I Know where Beaumaris Is!

Map drawn and designed by Penrose Nevins, Surveyor and Estate Agent. The note attached indicates that all the streets were sixty-six feet wide. Every allotment contained one acre with several exceptions.

Today the suburb Beaumaris is defined as the area of land bounded by Charman, Beach, and Weatherall roads, Keating Street and Surf Avenue. In 1853 Beaumaris Town was in part of what is known today as Mentone and Cheltenham. Josiah Morris Holloway bought Portion 51 from William Mitchell, the original crown grantee, and subdivided it for sale. He named the estate Beaumaris. It covered two hundred and thirty one acres bounded by Charman Road, Latrobe Street, Nepean Highway and Balcombe Road.

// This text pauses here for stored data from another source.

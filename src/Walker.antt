-- ===== src/Walker.antt =====
-- `Contents::Walker` of src/xmlbeansxx/Contents.h and Walker.cpp, by which the generated classes
-- reach the contents of an XmlObject. An object is the pointer to its contents: the generated
-- class XmlObject holds nothing else here. Every operation but three refuses an object without
-- contents.
pub mod Arrays
pub mod Creation
mod Examples
use xmlbeansxx.Prelude.{
  ℕ, zero, suc, List, [], ◌∷◌, Option, none, some, Bool, true, false, Text, ℤ, pos,
}
use xmlbeansxx.QName.{QName}
use xmlbeansxx.Dict.{ElemDict}
use xmlbeansxx.Heap.{Node, null_ptr_exception, M, ◌>>=◌, ◌>>◌, return, fail, load}
use xmlbeansxx.Contents

-- `if(!obj.hasContents()) throw NullPtrException(...)`
abbrev pub contents : Option ℕ → M ℕ
contents none = fail null_ptr_exception
contents (some p) = return p

unfoldable pub get_attr : Option ℕ → QName → M (Option ℕ)
get_attr obj x = do p ← contents obj; Contents.get_attr p x

-- `getSimpleContent`: the depth that the recursion through the texts may reach.
unfoldable pub get_simple_content : ℕ → Option ℕ → M Text
get_simple_content depth none = return []
get_simple_content depth (some p) = Contents.get_simple_content depth p

unfoldable pub get_attr_string : ℕ → Option ℕ → QName → M Text
get_attr_string depth obj x = do
  p ← contents obj
  a ← Contents.get_attr p x
  get_simple_content depth a

unfoldable pub set_attr : Option ℕ → QName → Option ℕ → M (Unit {0})
set_attr obj x y = do p ← contents obj; Contents.set_attr p x y

-- `xml_string` is the generated constructor of XmlString from a text.
unfoldable pub set_attr_text : (Text → M (Option ℕ)) → Option ℕ → QName → Text → M (Unit {0})
set_attr_text xml_string obj x y = do p ← contents obj; v ← xml_string y; Contents.set_attr p x v

unfoldable pub get_elem : Option ℕ → QName → ℤ → M (Option ℕ)
get_elem obj x index = do p ← contents obj; Contents.get_elem p x index

-- `cgetElem`: `create` is `st->createSubObject(x)` with `createContents()`, for the type `st`.
abbrev pub make_elem : (ℕ → QName → M ℕ) → ℕ → QName → ℤ → M ℕ
make_elem create p x index = do
  n ← load p
  q ← create n.st x
  Contents.set_elem p x (some q) index
  return q

abbrev pub or_make : M ℕ → Option ℕ → M ℕ
or_make make (some q) = return q
or_make make none = make

unfoldable pub cget_elem : (ℕ → QName → M ℕ) → Option ℕ → QName → ℤ → M ℕ
cget_elem create obj x index = do
  p ← contents obj
  e ← Contents.get_elem p x index
  or_make (make_elem create p x index) e

unfoldable pub set_elem : Option ℕ → QName → Option ℕ → ℤ → M (Unit {0})
set_elem obj x y index = do p ← contents obj; Contents.set_elem p x y index

unfoldable pub is_set_elem : Option ℕ → QName → ℤ → M Bool
is_set_elem obj x index = do p ← contents obj; Contents.is_set_elem p x index

unfoldable pub remove_elems : Option ℕ → QName → M (Unit {0})
remove_elems obj x = do p ← contents obj; Contents.remove_elems p x

unfoldable pub remove_elem_at : Option ℕ → QName → ℤ → M (Unit {0})
remove_elem_at obj x index = do p ← contents obj; Contents.remove_elem_at p x index

unfoldable pub count_elems : Option ℕ → QName → M ℕ
count_elems obj x = do p ← contents obj; Contents.count_elems p x

unfoldable pub has_elements : Option ℕ → M Bool
has_elements obj = do p ← contents obj; Contents.has_elements p

unfoldable pub append_elem : Option ℕ → QName → Option ℕ → M (Unit {0})
append_elem obj x y = do p ← contents obj; n ← count_elems obj x; Contents.set_elem p x y (pos n)

unfoldable pub get_elems : Option ℕ → M (ElemDict ℕ)
get_elems obj = do p ← contents obj; Contents.get_elems p false

unfoldable pub get_attrs : ℕ → Option ℕ → M (List (QName × Text))
get_attrs depth obj = do p ← contents obj; Contents.get_attrs depth p

unfoldable pub get_attr_objects : Option ℕ → M (ElemDict ℕ)
get_attr_objects obj = do p ← contents obj; Contents.get_attrs2 p

unfoldable pub get_elem_array : Option ℕ → QName → M (List (Option ℕ))
get_elem_array obj name = do p ← contents obj; Contents.get_elem_array p name

unfoldable pub append_all : Option ℕ → QName → List (Option ℕ) → M (Unit {0})
append_all obj name [] = return tt
append_all obj name (y ∷ v) = append_elem obj name y >> append_all obj name v

unfoldable pub set_elem_array : Option ℕ → QName → List (Option ℕ) → M (Unit {0})
set_elem_array obj name v = do contents obj; remove_elems obj name; append_all obj name v

-- `create_contents` gives an object contents of its type, where it has none.
unfoldable pub set_simple_content : (Option ℕ → M ℕ) → ℕ → Option ℕ → Text → M (Unit {0})
set_simple_content create_contents string_type obj c = do
  p ← create_contents obj
  Contents.set_simple_content string_type p c

unfoldable pub has_empty_content : Option ℕ → M Bool
has_empty_content none = return true
has_empty_content (some p) = Contents.has_empty_content p
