-- ===== src/TextUtils.antt =====
-- The text tests and the trimming of src/xmlbeansxx/TextUtils.cpp, on byte strings.
pub mod Trim
pub mod Trimmed
pub mod Base64
mod Examples
use xmlbeansxx.Prelude.{
  ℕ, zero, suc, ◌+◌, ◌-◌, List, [], ◌∷◌, ◌++◌, Bool, true, false, not, ◌&&◌, ◌||◌, ◌==◌, leb, ltb,
  if◌then◌else◌, length, take, drop, get_or, Text, codes,
}
use mathlib.Core.List.{reverse}

unfoldable pub bool_to_string : Bool → Text
bool_to_string false = codes "false"
bool_to_string true = codes "true"

unfoldable pub is_white : ℕ → Bool
is_white ch = (ch == b'\n') || (ch == b' ') || (ch == b'\t')

-- The rounds of `while (a<l && isWhite(str[a])) a++`, on the rest of the string.
unfoldable pub skip_white : Text → ℕ
skip_white [] = 0
skip_white (c ∷ s) = let rest = skip_white s in if is_white c then suc rest else 0

-- `a` counts from the front and `b` from the back; `end` is the source's b + 1.
unfoldable pub collapse : Text → Text
collapse str =
    let l = length str in
    let a = skip_white str in
    let end = l - skip_white (reverse str) in
    if leb l a || leb end a then [] else take (end - a) (drop a str)

unfoldable pub is_digit : ℕ → Bool
is_digit c = leb b'0' c && leb c b'9'

unfoldable pub are_digits : Text → Bool
are_digits [] = true
are_digits (c ∷ d) = is_digit c && are_digits d

-- `num`: the text without its sign.
unfoldable pub without_sign : Text → Text
without_sign [] = []
without_sign (c ∷ num) = if (c == b'-') || (c == b'+') then num else c ∷ num

unfoldable pub check_integer : Text → Bool
check_integer num2 = if ltb (length num2) 1 then false else are_digits (without_sign num2)

-- The loop of `checkDecimal`, with the dots met so far.
unfoldable pub decimal_loop : ℕ → Text → Bool
decimal_loop dots [] = true
decimal_loop dots (c ∷ num) =
    let dots' = if c == b'.' then suc dots else dots in
    let later = decimal_loop dots' num in
    if not (is_digit c || (c == b'.')) then false else if ltb 1 dots' then false else later

unfoldable pub check_decimal : Text → Bool
check_decimal num2 = if ltb (length num2) 1 then false else decimal_loop 0 (without_sign num2)

-- `str.substr(pos, n)` with `pos` inside the string.
abbrev pub substr : Text → ℕ → ℕ → Text
substr str i n = take n (drop i str)

unfoldable pub check_date : Text → Bool
check_date date =
    if not (length date == 10)
    then false
    else are_digits (substr date 0 4)
      && are_digits (substr date 5 2)
      && are_digits (substr date 8 2)
      && (get_or date 4 0 == b'-')
      && (get_or date 7 0 == b'-')

unfoldable pub in_base64 : ℕ → Bool
in_base64 c =
    (leb b'0' c && leb c b'9')
    || (leb b'A' c && leb c b'Z')
    || (leb b'a' c && leb c b'z')
    || (c == b'+')
    || (c == b'/')
    || (c == b'=')

unfoldable pub to_canonical_base64 : Text → Text
to_canonical_base64 [] = []
to_canonical_base64 (c ∷ s) =
    let rest = to_canonical_base64 s in if in_base64 c then c ∷ rest else rest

William Mitchell paid £473-11-0 for the land in 1852 and sold it to Holloway in August of the following year for £1386, more than doubling his investment in less than twelve months. Holloway then proceeded to recoup his investment with sub-division sales commencing in October of the year of his purchase. The sales continued into 1859, by which time Holloway had received £3426. This sum was not pure profit as Holloway had the original cost of the land and no doubt had legal, advertising and surveying expenses. Yet it was a handsome reward for his initiative and risk-taking. A few years later, in the 1890’s, many land speculators lost large sums of money rather than making large profits.

An advertisement in the Argus of September 3, 1853 described the "new township of Beaumaris, near Brighton," as being "…situated about three miles and a half beyond the Little Brighton Hotel, on that grand southern outlet, the great Western Port Road of the enormous width of three chains; to which road it has the magnificent frontage of three quarters mile. It also has the advantage of a mile and a half frontage of two other Government Roads, both of which lead to the sea beach.

"It is well known that the land in this locality is rising rapidly in value; and the advertiser can without fear of contradiction assert that the section now offered for sale, is the only portion in the whole of the Parish of Moorabbin possessing the twofold advantage of being within half a mile of the sea, and possessing a frontage to the grand trunk road above referred to. ...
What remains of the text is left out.